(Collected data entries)
----------------

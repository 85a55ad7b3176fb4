-- ===== src/Persistence/DueTime.antt =====
-- persistence/repositories.py, next_outbound_action_due_at: the due time that the worker sleeps for, against what a claim finds.
use Prim.Native.Nat.{ℕ, suc, ◌+◌, ◌≤◌}
use mathlib.Core.Path.{◌≡◌, refl}
use mathlib.Core.Logic.{◌≢◌, ◌↔◌, inl, inr}
use mathlib.Core.Bool.{Bool, true, false, ◌&&◌, ◌||◌, not}
use mathlib.Core.Option.{Option, none, some}
use mathlib.Core.List.{List, [], ◌∷◌, map}
use native.Mathlib.Omega.{arith}
use wootpilot.Prelude.Tests.{leb, Bool-cases}
use wootpilot.Prelude.Lists.{any, filter, take}
use wootpilot.Domain.Rules.{is_public_message}
use wootpilot.Domain.Outbound.{is_queued}
use wootpilot.Persistence.Rows.{OutboundActionRow, Db}
use wootpilot.Persistence.Queue.{
  row_to_outbound_action, claim_row, queued_action_due, retryable_action_due, action_due,
  due_actions, order_by_created, min_over, min_option, insert_by_created,
  claim_queued_outbound_actions, private_queued_at, public_queued_at, retryable_due_at,
  next_outbound_action_due_at,
}

-- The time in an optional due time has come.
abbrev pub has_come : Option ℕ → ℕ → Bool
has_come none now = false
has_come (some t) now = leb t now

has_come-min :
    (a b : Option ℕ) (now : ℕ) → has_come (min_option a b) now ≡ (has_come a now || has_come b now)
has_come-min none b now = refl
has_come-min (some a) none now = ground arith
has_come-min (some a) (some b) now = ground arith

-- The three queries of next_outbound_action_due_at as functions of the table.
module _ (now later delay : ℕ) (passed : now ≤ later) where
  abbrev private_part : List OutboundActionRow → Option ℕ
  private_part rows = elim (min_over private_queued_at rows) [ none ↦ none | some _ ↦ some now ]

  abbrev public_part : List OutboundActionRow → Option ℕ
  public_part rows = elim (min_over public_queued_at rows) [
    | none ↦ none
    | some t ↦ some (t + delay)
  ]

  abbrev is_private_due : OutboundActionRow → Bool
  is_private_due r = is_queued r.status && not (is_public_message r.action_kind)

  abbrev is_public_due : OutboundActionRow → Bool
  is_public_due r =
      is_queued r.status && is_public_message r.action_kind && leb (r.created_at + delay) later

  private_come :
      (rows : List OutboundActionRow) → has_come (private_part rows) later ≡ any is_private_due rows
  unfolding any min_over
  private_come [] = refl
  private_come (r ∷ rows) = ground (arith, private_come rows)

  public_come :
      (rows : List OutboundActionRow) → has_come (public_part rows) later ≡ any is_public_due rows
  unfolding any min_over
  public_come [] = refl
  public_come (r ∷ rows) = ground (arith, public_come rows)

  retryable_come :
      (rows : List OutboundActionRow)
      → has_come (min_over retryable_due_at rows) later ≡ any (retryable_action_due later) rows
  unfolding any min_over retryable_action_due
  retryable_come [] = refl
  retryable_come (r ∷ rows) = ground (arith, retryable_come rows)

  split_due :
      (rows : List OutboundActionRow)
      → any (action_due later delay) rows ≡ (
          any is_private_due rows
          || (any is_public_due rows || any (retryable_action_due later) rows))
  unfolding any action_due queued_action_due
  split_due [] = refl
  split_due (r ∷ rows) = ground (arith, split_due rows)

  due_come :
      (db : Db)
      → has_come (next_outbound_action_due_at db now delay) later
        ≡ any (action_due later delay) db.outbound_actions
  unfolding next_outbound_action_due_at
  due_come db =
      let rows = db.outbound_actions in
      rw (
        has_come-min (private_part rows)
            (min_option (public_part rows) (min_over retryable_due_at rows)) later,
        has_come-min (public_part rows) (min_over retryable_due_at rows) later,
        private_come rows,
        public_come rows,
        retryable_come rows,
        split_due rows,
      )

filter_none :
    (p : OutboundActionRow → Bool) (rows : List OutboundActionRow)
    → any p rows ≡ false
    → filter p rows ≡ []
unfolding any filter
filter_none p [] h = refl
filter_none p (r ∷ rows) h = ground (arith, filter_none p rows)

filter_some :
    (p : OutboundActionRow → Bool) (rows : List OutboundActionRow)
    → any p rows ≡ true
    → filter p rows ≢ []
unfolding any filter
filter_some p [] h = absurd (ground arith)
filter_some p (r ∷ rows) h = ground (arith, filter_some p rows)

insert_by_created-ne :
    (r : OutboundActionRow) (rows : List OutboundActionRow) → insert_by_created r rows ≢ []
unfolding insert_by_created
insert_by_created-ne r [] h = cc
insert_by_created-ne r (q ∷ rows) h = ground arith

take_order_ne :
    (limit : ℕ) (rows : List OutboundActionRow)
    → rows ≢ []
    → take (suc limit) (order_by_created rows) ≢ []
unfolding order_by_created
take_order_ne limit [] h e = absurd (h refl)
take_order_ne limit (r ∷ rows) h e = ground (arith, insert_by_created-ne r (order_by_created rows))

map_nil : {A B : Type 0} (f : A → B) (xs : List A) → map f xs ≡ [] → xs ≡ []
map_nil f [] h = refl
map_nil f (x ∷ xs) h = cc

-- A claim returns nothing exactly when no row is due.
claim_nil :
    (db : Db) (limit now claimed_at delay : ℕ)
    → ((claim_queued_outbound_actions db (suc limit) now claimed_at delay).0 ≡ [])
      ↔ (any (action_due now delay) db.outbound_actions ≡ false)
unfolding claim_queued_outbound_actions due_actions order_by_created
claim_nil db limit now claimed_at delay = (forth, back)
  where
    due : List OutboundActionRow
    due = filter (action_due now delay) db.outbound_actions

    forth :
        (claim_queued_outbound_actions db (suc limit) now claimed_at delay).0 ≡ []
        → any (action_due now delay) db.outbound_actions ≡ false
    forth e = elim (Bool-cases (any (action_due now delay) db.outbound_actions)) [
      | inr idle ↦ idle
      | inl busy ↦ absurd (
          take_order_ne limit due (filter_some (action_due now delay) db.outbound_actions busy) (
            map_nil (λ r. row_to_outbound_action (claim_row claimed_at r))
              (take (suc limit) (order_by_created due)) e))
    ]

    back :
        any (action_due now delay) db.outbound_actions ≡ false
        → (claim_queued_outbound_actions db (suc limit) now claimed_at delay).0 ≡ []
    back h = rw (filter_none (action_due now delay) db.outbound_actions h, order_by_created)

-- The due time that the worker reads at `now` and sleeps for is exact: at any later time, with the
-- queue unchanged, a claim returns nothing exactly when that time is absent or has not come.
pub next_outbound_action_due_at-claim :
    (db : Db) (limit now later claimed_at delay : ℕ)
    → now ≤ later
    → ((claim_queued_outbound_actions db (suc limit) later claimed_at delay).0 ≡ [])
      ↔ (has_come (next_outbound_action_due_at db now delay) later ≡ false)
next_outbound_action_due_at-claim db limit now later claimed_at delay passed =
    rw (due_come now later delay passed db) (claim_nil db limit later claimed_at delay)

----------------

ACTIVITY – Output only an exact transcription of the lines above from the one with "(a b : Option" up to and including the one with "has_come-min (some a) (some".

TASK SOLUTION –
    (a b : Option ℕ) (now : ℕ) → has_come (min_option a b) now ≡ (has_come a now || has_come b now)
has_come-min none b now = refl
has_come-min (some a) none now = ground arith
has_come-min (some a) (some b) now = ground arith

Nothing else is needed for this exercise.